Banksy não é apenas um artista. É também um líder de opinião, um especialista em marketing e até, de certa forma, um político. As suas opiniões são válidas para muita gente. Quando começámos esta exposição, em 2017, ele tinha 40 mil seguidores na sua conta no Instagram. Hoje já são mais de 10 milhões. Isso mostra bem que muitas pessoas se interessam por ele.
O interesse pela obra de Banksy manter-se-á mesmo se a sua identidade for revelada?
Tenho muitas dúvidas de que ele algum dia o faça. Ser incógnito dá-lhe muito poder. Já me ofereceram muito dinheiro para que revelasse a sua identidade ou que o apresentasse a alguém. Nunca concordei. Quero manter este sentimento que tenho. Não quero ser o tipo que diz às pessoas que a fada dos dentes afinal não existe.
Em que fase é que ele se encontra de momento?

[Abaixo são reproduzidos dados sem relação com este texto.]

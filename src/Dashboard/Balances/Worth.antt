-- ===== src/Dashboard/Balances/Worth.antt =====
-- What each thing counts for in a currency, and the sums of it.
use pecunia.Prelude.{
  String, ◌≡◌, refl, sym, ap, ◌∙◌, ◌↔◌, inl, inr, Bool, true, List, [], ◌∷◌, arith, str_eq,
  str_eq_iff, filter, if◌then◌else◌, Bool-cases,
}
use pecunia.Prelude.Int.{ℤ, pos, ◌+ℤ◌, int_laws, +ℤ_assoc, add-zero_ℤ, zero-add_ℤ}
use pecunia.Prelude.Dict.{Dict, lookup, insert, lookup-insert, or_else}
use pecunia.Dashboard.Balances.{
  AccountSummary, AssetSummary, PortfolioSummary, LoanSummary, sum_by_currency, add_items,
  at_currency, is_null, signed_by,
}

-- The sum over all items of what each counts for.
abbrev pub sum_map {ℓ} : {T : Type ℓ} → (T → ℤ) → List T → ℤ
sum_map f [] = pos 0
sum_map f (x ∷ xs) = f x +ℤ sum_map f xs

-- An item counts for its amount in its own currency, and for nothing in any other.
abbrev pub in_currency : String → String → ℤ → ℤ
in_currency code own amount = if str_eq own code then amount else pos 0

module _ {ℓ} {T : Type ℓ} (currency : T → String) (minor : T → ℤ) where
  at_currency-add_items :
      (code : String) (items : List T) (totals : Dict ℤ)
      → at_currency (add_items currency minor items totals) code
        ≡ at_currency totals code +ℤ sum_map (λ x. in_currency code (currency x) (minor x)) items
  unfolding add_items
  at_currency-add_items code [] totals = omega int_laws
  at_currency-add_items code (item ∷ items) totals =
      at_currency-add_items code items _
      ∙ ap (λ (s : ℤ). s +ℤ sum_map (λ x. in_currency code (currency x) (minor x)) items)
          (step (str_eq_iff (currency item) code))
      ∙ +ℤ_assoc _ _ _
    where
      step :
          ((str_eq (currency item) code ≡ true) ↔ (currency item ≡ code))
          → at_currency
              (insert
                (currency item)
                (or_else (pos 0) (lookup (currency item) totals) +ℤ minor item)
                totals)
              code
            ≡ at_currency totals code +ℤ in_currency code (currency item) (minor item)
      step iff =
          rw (lookup-insert (currency item) code)
            (ground (arith, iff, add-zero_ℤ (at_currency totals code)))

  -- Every currency's total is the sum over exactly that currency's items.
  pub at_currency-sum_by_currency :
      (code : String) (items : List T)
      → at_currency (sum_by_currency currency minor items) code
        ≡ sum_map (λ x. in_currency code (currency x) (minor x)) items
  unfolding sum_by_currency lookup
  at_currency-sum_by_currency code items = at_currency-add_items code items [] ∙ zero-add_ℤ _

  -- Counting the kept items is counting all of them, the others at nothing.
  pub sum_map-filter :
      (p : T → Bool) (f g : T → ℤ)
      → ((x : T) → g x ≡ (if p x then f x else pos 0))
      → (items : List T) → sum_map f (filter p items) ≡ sum_map g items
  sum_map-filter p f g h [] = refl
  sum_map-filter p f g h (x ∷ items) = elim (Bool-cases (p x)) [
    | inl e ↦ rw (e, h x, e) (ap (λ (s : ℤ). f x +ℤ s) (sum_map-filter p f g h items))
    | inr e ↦ rw (e, h x, e) (sum_map-filter p f g h items ∙ sym (zero-add_ℤ _))
  ]

-- What each thing counts for in a currency: an archived account, an asset without a valuation and
-- a settled loan for nothing, a borrowed loan for less than nothing.
abbrev pub account_worth : String → AccountSummary → ℤ
account_worth code account =
    if is_null account.archived_at
    then in_currency code account.currency account.balance_minor
    else pos 0

abbrev pub asset_worth : String → AssetSummary → ℤ
asset_worth code asset = in_currency code asset.currency (or_else (pos 0) asset.current_value_minor)

abbrev pub portfolio_worth : String → PortfolioSummary → ℤ
portfolio_worth code portfolio = in_currency code portfolio.currency portfolio.value_minor

abbrev pub loan_worth : String → LoanSummary → ℤ
loan_worth code loan =
    in_currency code loan.currency (signed_by loan.direction loan.remaining_minor)
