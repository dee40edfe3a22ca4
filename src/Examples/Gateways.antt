-- ===== src/Examples/Gateways.antt =====
-- Examples of the theorems on the gateway of the indexer.
use timeline_aggregation_pro.Base.{◌≡◌, refl, none, ok, checked, List, [], ◌∷◌, arith}
use timeline_aggregation_pro.Core.Action.{done}
use timeline_aggregation_pro.Core.Memory.{InMemoryContext}
use timeline_aggregation_pro.Core.SignedMessage.{sign}
use timeline_aggregation_pro.Server.{MetricCall}
use timeline_aggregation_pro.Server.Metrics.{counted}
use timeline_aggregation_pro.Indexer.{RpcManager, Gateway, request_rav}
use timeline_aggregation_pro.Core.Error.{Error}
use timeline_aggregation_pro.Indexer.EndToEnd.{gateway, request_rav-EndToEnd}
use timeline_aggregation_pro.Examples.{
  toy_crates, toy_formats, toy_server_crates, toy_unordered, toy_unordered-UnorderedLaws,
  toy_ecdsa-EcdsaLaws, time, start, batch, signed_batch_rav,
}
use timeline_aggregation_pro.Examples.Answers.{rpc}
use timeline_aggregation_pro.Examples.Sides.{created, after_store}

-- A gateway that asks for a voucher after every second receipt.
abbrev toy_gateway : RpcManager InMemoryContext (List MetricCall)
toy_gateway =
    gateway toy_crates toy_formats toy_server_crates checked rpc toy_unordered (λ _. 7 ∷ []) 2 "0.0"

abbrev opened : Gateway InMemoryContext (List MetricCall)
opened = record { context = start; receipt_count = 0; remote = [] }

request_rav-EndToEnd_example : request_rav toy_crates checked toy_gateway time 50 opened ≡ (
  done (ok tt),
  record opened {
    context = after_store;
    remote = counted toy_crates toy_formats toy_server_crates checked rpc "0.0" batch none [];
  },
)
unfolding sign
request_rav-EndToEnd_example =
    request_rav-EndToEnd toy_crates toy_formats toy_server_crates checked rpc toy_unordered
      (λ _. 7 ∷ []) 2 "0.0" toy_unordered-UnorderedLaws toy_ecdsa-EcdsaLaws time 50 opened
      signed_batch_rav 7 refl refl created (omega arith) (omega arith) (refl, (refl, tt)) tt tt refl
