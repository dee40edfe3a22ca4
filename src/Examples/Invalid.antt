-- ===== src/Examples/Invalid.antt =====
-- An example of a request with invalid receipts: one repeats a signature, one is for an unknown
-- allocation, and one is worth more than what is left of the escrow.
use timeline_aggregation_pro.Base.{◌≡◌, refl, none, ok, checked, List, [], ◌∷◌}
use timeline_aggregation_pro.Core.Receipt.{
  SignedReceipt, Failed, ReceiptWithState, new, non_unique_receipt, check_failed_to_complete,
  subtract_escrow_failed,
}
use timeline_aggregation_pro.Core.Rav.{RavRequest, aggregate_receipts}
use timeline_aggregation_pro.Core.Action.{done}
use timeline_aggregation_pro.Core.SignedMessage.{recover_signer}
use timeline_aggregation_pro.Core.Checks.{
  batch_timestamp_check, unique_check, perform_checks, finalize_receipt_checks,
}
use timeline_aggregation_pro.Core.Adapters.{reserve, check_and_reserve_escrow}
use timeline_aggregation_pro.Core.Manager.{
  create_rav_request, collect_receipts, get_previous_rav, settle, reserve_loop, finalize_loop,
  generate_expected_rav, get_current_timestamp_u64_ns,
}
use timeline_aggregation_pro.Core.Manager.Request.{Request}
use timeline_aggregation_pro.Core.Manager.Reasons.{Reasons, create_rav_request-Reasons}
use timeline_aggregation_pro.Core.Memory.{
  InMemoryContext, retrieve_receipts_in_timestamp_range, receipts_in_range, reduce_escrow, last_rav,
}
use timeline_aggregation_pro.Core.Memory.Checks.{get_full_list_of_checks}
use timeline_aggregation_pro.Examples.{
  toy_crates, manager, time, start, batch, batch_rav, first_receipt, second_receipt, receipt_of,
}

abbrev foreign_receipt : SignedReceipt
foreign_receipt = record {
  message = record { allocation_id = 8; timestamp_ns = 30; nonce = 3; value = 1 };
  signature = 3008;
}

abbrev dear_receipt : SignedReceipt
dear_receipt = receipt_of 40 4 60

abbrev with_invalid : InMemoryContext
with_invalid = record start {
  receipt_storage =
      (0, new first_receipt)
      ∷ (1, new second_receipt)
      ∷ (2, new first_receipt)
      ∷ (3, new foreign_receipt)
      ∷ (4, new dear_receipt)
      ∷ [];
  unique_id = 5;
}

abbrev after_invalid : InMemoryContext
after_invalid = record with_invalid { sender_escrow_storage = (5, 58) ∷ [] }

abbrev invalid_receipts : List (ReceiptWithState Failed)
invalid_receipts =
    record { signed_receipt = first_receipt; state = record { error = non_unique_receipt } }
    ∷ record {
      signed_receipt = foreign_receipt;
      state = record { error = check_failed_to_complete "receipt error" };
    }
    ∷ record { signed_receipt = dear_receipt; state = record { error = subtract_escrow_failed } }
    ∷ []

abbrev request_with_invalid : RavRequest
request_with_invalid = record {
  valid_receipts = batch;
  previous_rav = none;
  invalid_receipts = invalid_receipts;
  expected_rav = batch_rav;
}

created_with_invalid :
    create_rav_request toy_crates checked manager time 50 none with_invalid
    ≡ (done (ok request_with_invalid), after_invalid)
unfolding create_rav_request collect_receipts get_previous_rav settle reserve_loop finalize_loop
    generate_expected_rav get_current_timestamp_u64_ns retrieve_receipts_in_timestamp_range
    receipts_in_range reduce_escrow last_rav get_full_list_of_checks reserve
    check_and_reserve_escrow batch_timestamp_check unique_check perform_checks
    finalize_receipt_checks aggregate_receipts recover_signer
created_with_invalid = refl

create_rav_request-Reasons_example :
    (q : Request toy_crates checked manager time 50 none with_invalid request_with_invalid
      after_invalid)
    × Reasons toy_crates manager q.min q.at_retrieval batch invalid_receipts after_invalid
create_rav_request-Reasons_example =
    create_rav_request-Reasons toy_crates checked manager time 50 none with_invalid
      created_with_invalid
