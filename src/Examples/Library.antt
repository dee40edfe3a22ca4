-- ===== src/Examples/Library.antt =====
-- Examples of the theorems on the library's components.
use mathlib.Core.List.{Perm}
use mathlib.Core.List.Perm
use timeline_aggregation_pro.Base.{
  ◌≡◌, ◌+◌, none, some, ok, err, List, [], ◌∷◌, ◌↔◌, arith, ltb, if◌then◌else◌, u128_mod, contains,
  true,
}
use timeline_aggregation_pro.Core.Primitives.{Address}
use timeline_aggregation_pro.Core.Action.{done}
use timeline_aggregation_pro.Core.Receipt.{Checking, ReceiptWithState, new}
use timeline_aggregation_pro.Core.Error.{aggregate_overflow}
use timeline_aggregation_pro.Core.SignedMessage.{recover_signer}
use timeline_aggregation_pro.Core.Rav.{aggregate_receipts}
use timeline_aggregation_pro.Core.Rav.Value.{voucher, total_value, aggregate_receipts-eq-voucher}
use timeline_aggregation_pro.Core.Rav.Chain.{aggregate_receipts-perm}
use timeline_aggregation_pro.Core.Checks.Perform.{PassesAll}
use timeline_aggregation_pro.Core.Truncate.{safe_truncate_receipts}
use timeline_aggregation_pro.Core.Truncate.Cut.{IsTruncation, safe_truncate_receipts-IsTruncation}
use timeline_aggregation_pro.Core.Adapters.{half_open}
use timeline_aggregation_pro.Core.Memory.{Stored, retrieve_receipts_in_timestamp_range}
use timeline_aggregation_pro.Core.Memory.Retrieve.{
  stored, within, IsLimited, retrieve_receipts_in_timestamp_range_lem,
}
use timeline_aggregation_pro.Core.Memory.Checks.{
  get_full_list_of_checks, get_full_list_of_checks_iff,
}
use timeline_aggregation_pro.Examples.{
  toy_crates, toy_unordered, toy_unordered-UnorderedLaws, domain, start, batch, received_batch,
  first_receipt, second_receipt,
}
use timeline_aggregation_pro.Examples.Sort.{sort, sort-IsSort}

aggregate_receipts-eq-voucher_example : aggregate_receipts 7 batch none ≡ (
    if ltb (0 + total_value batch) u128_mod
    then ok (voucher 7 batch none)
    else err aggregate_overflow)
aggregate_receipts-eq-voucher_example = aggregate_receipts-eq-voucher 7 batch none (omega arith)

aggregate_receipts-perm_example :
    aggregate_receipts 7 batch none
    ≡ aggregate_receipts 7 (second_receipt ∷ first_receipt ∷ []) none
aggregate_receipts-perm_example =
    aggregate_receipts-perm 7 none (omega arith) (Perm.swap second_receipt first_receipt [])

safe_truncate_receipts-IsTruncation_example :
    (kept : List (ReceiptWithState Checking)) × (safe_truncate_receipts sort received_batch 1
      ≡ some kept)
    × IsTruncation received_batch 1 kept
safe_truncate_receipts-IsTruncation_example =
    safe_truncate_receipts-IsTruncation sort sort-IsSort received_batch 1

retrieve_receipts_in_timestamp_range_lem_example :
    (candidates found : List Stored) × Perm candidates (within (half_open 0 50) (stored start))
    × IsLimited candidates (some 1) found
    × (retrieve_receipts_in_timestamp_range toy_unordered (half_open 0 50) (some 1) start
        ≡ (done (ok found), start))
retrieve_receipts_in_timestamp_range_lem_example =
    retrieve_receipts_in_timestamp_range_lem toy_unordered toy_unordered-UnorderedLaws
      (half_open 0 50) (some 1) start

get_full_list_of_checks_iff_example :
    PassesAll start
      (new first_receipt)
      (get_full_list_of_checks toy_crates domain (5 ∷ []) (λ _. 7 ∷ []))
    ↔ (contains (7 ∷ []) 7 ≡ true)
      × ((a : Address) × (recover_signer toy_crates.receipt_sol toy_crates.ecdsa domain
              first_receipt
            ≡ ok a)
          × (contains (5 ∷ []) a ≡ true))
get_full_list_of_checks_iff_example =
    get_full_list_of_checks_iff toy_crates domain (5 ∷ []) (λ _. 7 ∷ []) start (new first_receipt)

Está numa fase decisiva. Começou nas ruas e depois passou para as galerias. Agora é visto por milhões em exposições e é importante que faça a transição para os museus, mais concretamente as suas coleções. Se ele conseguir fazer isso, daqui a 50 anos iremos vê-lo como um clássico, pela sua ligação estreita entre a arte, o marketing e a política. É muito importante que ele consiga dar esse salto.